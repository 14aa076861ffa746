-- ===== src/Dispatch/Failover.antt =====
-- The loop of `dispatchWithFailover` in pkg/router/dispatch.go.
use infermesh.Prelude.{
  ℕ, suc, zero, ◌<◌, ◌≡◌, refl, ◌∙◌, String, Bool, true, false, Option, none, some, List, [], ◌∷◌,
  arith, ◌==◌, if◌then◌else◌,
}
use infermesh.Dispatch.{
  Err, err_rate_limited, is_retryable_error, ok, err, Attempt, failover_loop,
  dispatch_with_failover,
}

module _ {Body : Type 0} where
  -- A turn that ends in another one: what it found, and the workers that are excluded before and after.
  pub data Retried (a : Attempt Body) (excluded : List String) : List String → Type 0 where
    no_worker :
        (e : Err)
        → a.ctx_err ≡ none
        → a.select_excluding excluded ≡ err e
        → Retried a excluded excluded
    limited :
        (w : String)
        → a.ctx_err ≡ none
        → a.select_excluding excluded ≡ ok w
        → a.is_rate_limited w ≡ true
        → Retried a excluded (w ∷ excluded)
    failed :
        (w : String) (e : Err)
        → a.ctx_err ≡ none
        → a.select_excluding excluded ≡ ok w
        → a.is_rate_limited w ≡ false
        → a.complete w ≡ err e
        → is_retryable_error e ≡ true
        → Retried a excluded (w ∷ excluded)

  -- A turn in which a worker answers.
  pub record Answered (a : Attempt Body) (excluded : List String) (body : Body) : Type 0 where
    pub worker : String
    pub in_time : a.ctx_err ≡ none
    pub selected : a.select_excluding excluded ≡ ok worker
    pub admitted : a.is_rate_limited worker ≡ false
    pub completed : a.complete worker ≡ ok body

  -- From the turn `k` on, `n` turns end in another one, and in the next a worker answers.
  abbrev pub Reaches : (ℕ → Attempt Body) → ℕ → ℕ → List String → Body → Type 0
  Reaches attempts k zero excluded body = Answered (attempts k) excluded body
  Reaches attempts k (suc n) excluded body =
      (excluded' : List String) × Retried (attempts k) excluded excluded'
      × Reaches attempts (suc k) n excluded' body

  Retried-loop :
      (attempts : ℕ → Attempt Body) (model : String) (n k : ℕ) (excluded excluded' : List String)
      (last : Option Err) (recorded : Bool)
      → Retried (attempts k) excluded excluded'
      → (last' : Option Err) × (recorded' : Bool) × ((failover_loop attempts model
            (suc n)
            k
            excluded
            last
            recorded).0
          ≡ (failover_loop attempts model n (suc k) excluded' last' recorded').0)
  unfolding failover_loop
  Retried-loop attempts model n k excluded excluded' last recorded (no_worker e i s) =
      (some e, recorded, rw (i, failover_loop, s) refl)
  Retried-loop attempts model n k excluded excluded' last recorded (limited w i s l) =
      (some (err_rate_limited ∷ []), true, rw (i, failover_loop, s, l) refl)
  Retried-loop attempts model n k excluded excluded' last recorded (failed w e i s l c r) =
      (some e, true, rw (i, failover_loop, s, l, c, r) refl)

  Reaches-loop :
      (attempts : ℕ → Attempt Body) (model : String) (m n k : ℕ) (excluded : List String)
      (last : Option Err) (recorded : Bool) (body : Body)
      → n < m
      → Reaches attempts k n excluded body
      → (failover_loop attempts model m k excluded last recorded).0 ≡ ok body
  unfolding failover_loop
  Reaches-loop attempts model zero n k excluded last recorded body h r = absurd (omega (arith, h))
  Reaches-loop attempts model (suc m) zero k excluded last recorded body h r =
      rw (r.in_time, failover_loop, r.selected, r.admitted, r.completed) refl
  Reaches-loop attempts model (suc m) (suc n) k excluded last recorded body h r =
      let (last', recorded', e) = Retried-loop attempts model m k excluded r.0 last recorded r.1 in
      e ∙ Reaches-loop attempts model m n (suc k) r.0 last' recorded' body (omega arith) r.2

  -- When a worker answers in the turn after `n` that failed in a way to retry (no worker, one at its
  -- limit, or a retryable error), and `n` is below the number of attempts, the client gets its answer.
  pub dispatch_succeeds :
      (attempts : ℕ → Attempt Body) (model : String) (max n : ℕ) (body : Body)
      → n < max
      → Reaches attempts 0 n [] body
      → (dispatch_with_failover attempts model max).0 ≡ ok body
  unfolding dispatch_with_failover
  dispatch_succeeds attempts model max n body h r =
      Reaches-loop attempts model (if max == 0 then 1 else max) n 0 [] none false body
        (ground (arith, h)) r
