-- ===== src/Dispatch/Response.antt =====
-- `writeFailoverError` of pkg/router/dispatch.go on what `dispatchWithFailover` returns.
use infermesh.Prelude.{
  ℕ, ◌≡◌, ◌≢◌, refl, subst, ◌⊎◌, inl, inr, String, false, some, arith, Option-cases, ◌<◌,
}
use infermesh.Dispatch.{
  Err, is, as_http, canceled, err_no_matching_workers, err_all_workers_unavailable,
  err_all_attempts_failed, is_retryable_error, Result, ok, err, Attempt, dispatch_with_failover,
  write_failover_error,
}
use infermesh.Dispatch.Outcomes.{Outcome, answered, gave_up, failed_fast, dispatch-Outcome}

-- The errors of a worker's client are its own: it was not canceled, and they are not the scheduler's
-- or those of the loop.
pub record FromWorker (e : Err) : Type 0 where
  pub not_canceled : is canceled e ≡ false
  pub not_unmatched : is err_no_matching_workers e ≡ false
  pub not_unavailable : is err_all_workers_unavailable e ≡ false
  pub not_exhausted : is err_all_attempts_failed e ≡ false

-- A response of 503, or the status of the worker's own response, which is not one to retry.
abbrev pub Answer : ℕ → Err → Type 0
Answer status e =
    (status ≡ 503) ⊎ ((s : ℕ) × (as_http e ≡ some s) × ((status ≡ s) × (s < 500) × (s ≢ 429)))

-- The response to a worker's error that is not to be retried: its own status, or 503.
fails_fast_response :
    (e : Err)
    → FromWorker e
    → is_retryable_error e ≡ false
    → Answer (write_failover_error (some e)).status e
unfolding is_retryable_error write_failover_error
fails_fast_response e v h = elim (Option-cases (as_http e)) [
  | inl n ↦
      inl
        (ground (arith, h, n, v.not_canceled, v.not_unmatched, v.not_unavailable, v.not_exhausted))
  | inr (s, p) ↦ inr (
    s,
    p,
    (
      ground (arith, h, p, v.not_canceled, v.not_unmatched, v.not_unavailable, v.not_exhausted),
      ground (arith, h, p, v.not_canceled, v.not_unmatched, v.not_unavailable, v.not_exhausted),
      ground (arith, h, p, v.not_canceled, v.not_unmatched, v.not_unavailable, v.not_exhausted),
    ),
  )
]

module _ {Body : Type 0} where
  -- What the clients of the workers return are the workers' own errors.
  abbrev pub FromWorkers : (ℕ → Attempt Body) → Type 0
  FromWorkers attempts =
      (k : ℕ) (w : String) (e : Err) → (attempts k).complete w ≡ err e → FromWorker e

  abbrev Answers : Result Body → Type 0
  Answers (ok body) = Unit
  Answers (err e) = Answer (write_failover_error (some e)).status e

  Outcome-Answers :
      (attempts : ℕ → Attempt Body) (r : Result Body)
      → FromWorkers attempts
      → Outcome attempts r
      → Answers r
  Outcome-Answers attempts r f (answered k w body c) = tt
  Outcome-Answers attempts r f (gave_up e) = inl (unfold write_failover_error in refl)
  Outcome-Answers attempts r f (failed_fast k w e c n) = fails_fast_response e (f k w e c) n

  -- Where the errors of the workers' clients are neither canceled nor the scheduler's nor the loop's
  -- own, a dispatch that fails is answered with a 503, or with the status of a worker's own response,
  -- below 500 and not 429: never with a 504, not even when its time runs out.
  pub dispatch-write_failover_error :
      (attempts : ℕ → Attempt Body) (model : String) (max : ℕ) (e : Err)
      → FromWorkers attempts
      → (dispatch_with_failover attempts model max).0 ≡ err e
      → Answer (write_failover_error (some e)).status e
  dispatch-write_failover_error attempts model max e f h =
      subst Answers h (Outcome-Answers attempts _ f (dispatch-Outcome attempts model max))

********

WHAT THE TASK REQUIRES
Your answer should be only a number: how many lines in the records hold the word "List".

TASK RESPONSE
7